*** Begin section ***
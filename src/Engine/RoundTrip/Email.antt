-- ===== src/Engine/RoundTrip/Email.antt =====
-- Proofs about backend/crypto_engine/__init__.py: whole e-mails, with their attachments.
use qu_mail.Prelude.{
  ℕ, String, List, Option, some, Bytes, ◌∷◌, none, ◌≡◌, ◌<◌, ◌==◌, [], arith, length, true, false,
  refl, eq_iff, ◌≤◌, ap,
}
use qu_mail.Crypto.Otp.{IsBytes}
use qu_mail.Crypto.Integrity.Laws.{verify-create}
use qu_mail.Engine.Action.{Gives, gives_bind, gives_lift, gives_weaken}
use qu_mail.Engine.Envelope.{get_or}
use qu_mail.Engine.Services.{Library, Services}
use qu_mail.Engine.Guarantees.{View, Kept, kept_trans, kept_refl}
use qu_mail.Engine.Encrypt.{Encrypted, Attachment}
use qu_mail.Engine.Send.{
  encrypt_body, encrypt_attachment, encrypt_attachments, add_attachments, encrypt_email,
}
use qu_mail.Engine.Decrypt.{Email, or_text}
use qu_mail.Engine.Receive.{decrypt_body, checked, decrypt_email, decrypt_attachment}

-- The e-mail that carries what encryption gave.
abbrev pub received : ℕ → Option String → Encrypted → Email
received level sender x = record {
  security_level = some level;
  body = none;
  encrypted_body = some x.ciphertext;
  key_id = x.key_id;
  encryption_metadata = some x.metadata;
  sender = sender;
}

pub or_text_lem : (t : String) → or_text (some t) "" ≡ t
or_text_lem t = ground (arith, eq_iff t "")

-- Contents that one request of key material covers.
abbrev pub Fits : Bytes → Type 0
Fits bs = (0 < length bs) × (length bs ≤ 1048576)

abbrev pub AllFit : List Attachment → Type 0
AllFit [] = Unit
AllFit (x ∷ xs) = IsBytes x.content × Fits x.content × AllFit xs

module _ (lib : Library) {S : Type 0} (view : View S) (b : Services S) where
  -- Whenever keys are still held, the device gives the contents back.
  abbrev pub Readable : ℕ → Bytes → Bytes → S → Type 0
  Readable level content c t =
      (u : S)
      → Kept view t u
      → Gives (decrypt_attachment lib b c none level) u
          (λ plain v. (plain ≡ content) × Kept view u v)

  -- The attachments of an e-mail, one by one, under their names.
  abbrev pub AllReadable : ℕ → List Attachment → List Attachment → S → Type 0
  AllReadable level [] [] t = Unit
  AllReadable level [] (y ∷ ys) t = ⊥
  AllReadable level (x ∷ xs) [] t = ⊥
  AllReadable level (x ∷ xs) (y ∷ ys) t =
      (y.filename ≡ x.filename) × Readable level x.content y.content t × AllReadable level xs ys t

  abbrev pub BodyReadable : ℕ → String → Option String → Encrypted → S → Type 0
  BodyReadable level body sender x t =
      (u : S)
      → Kept view t u
      → Gives (decrypt_email lib b (received level sender x)) u
          (λ d v. (d.body ≡ body) × (d.integrity_verified ≡ some true))

  module _ (a : Services S) (level : ℕ) (recipients : List String)
      (one : (content : Bytes) (s : S)
        → IsBytes content
        → Fits content
        → view.Ready s
        → Gives
            (encrypt_attachment lib a content level recipients)
            s
            (λ c t. Kept view s t × Readable level content c t)) where
    attachments_lem :
        (xs : List Attachment) (s : S)
        → AllFit xs
        → view.Ready s
        → Gives
            (encrypt_attachments lib a xs level recipients)
            s
            (λ ys t. Kept view s t × AllReadable level xs ys t)
    unfolding encrypt_attachments
    attachments_lem [] s fit ready = gives_lift [] refl (kept_refl ready, tt)
    attachments_lem (x ∷ xs) s (is_bytes, fits, fit) ready =
        gives_bind (one x.content s is_bytes fits ready) (λ c t (k₁, readable).
          gives_bind (attachments_lem xs t fit k₁.ready) (λ ys u (k₂, rest).
            gives_lift _ refl
              (kept_trans k₁ k₂, (refl, (λ v later. readable v (kept_trans k₂ later)), rest))))

    added_lem :
        (xs : List Attachment) (x : Encrypted) (s : S)
        → x.attachments ≡ none
        → AllFit xs
        → view.Ready s
        → Gives (add_attachments lib a xs level recipients x) s (λ y t.
          Kept view s t
          × (y.ciphertext ≡ x.ciphertext)
          × (y.key_id ≡ x.key_id)
          × (y.metadata ≡ x.metadata)
          × AllReadable level xs (get_or [] y.attachments) t)
    unfolding add_attachments
    added_lem [] x s bare fit ready =
        gives_lift x refl (kept_refl ready, refl, refl, refl, rw bare tt)
    added_lem (z ∷ zs) x s bare fit ready =
        gives_bind (attachments_lem (z ∷ zs) s fit ready)
          (λ ys t (kept, all). gives_lift _ refl (kept, refl, refl, refl, all))

    -- A body that decrypts makes an e-mail that does, with its attachments and its digest.
    pub email_lem :
        (body : String) (sender : Option String) (xs : List Attachment) (s : S)
        → (level == 4) ≡ false
        → AllFit xs
        → Gives (encrypt_body lib a body level recipients) s (λ x t.
          (x.attachments ≡ none)
          × Kept view s t
          × ((u : S)
              → Kept view t u
              → Gives
                  (decrypt_body lib b level x.ciphertext x.key_id sender)
                  u
                  (λ plain v. plain ≡ body)))
        → Gives (encrypt_email lib a body level recipients xs) s (λ x t.
          Kept view s t
          × BodyReadable level body sender x t
          × AllReadable level xs (get_or [] x.attachments) t)
    unfolding encrypt_email decrypt_email checked
    email_lem body sender xs s other fit encrypted = rw other (
        gives_bind encrypted (λ x t (bare, k₁, opens).
          gives_weaken (added_lem xs _ t bare fit k₁.ready)
            (λ y u (k₂, same_text, same_id, same_metadata, all). (
              kept_trans k₁ k₂,
              (λ v later.
                  rw (same_text, same_id, same_metadata)
                    (rw or_text_lem (
                      gives_bind (opens v (kept_trans k₂ later)) (λ plain w same.
                        gives_lift _ refl
                          (same, ap some (rw same ((verify-create lib.sha _ _).1 refl))))))),
              all,
            ))))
*** End section ***
▶ **Task to carry out**: Copy out all lines above holding "Services".

▶ **Exercise response**:
use qu_mail.Engine.Services.{Library, Services}
module _ (lib : Library) {S : Type 0} (view : View S) (b : Services S) where
  module _ (a : Services S) (level : ℕ) (recipients : List String)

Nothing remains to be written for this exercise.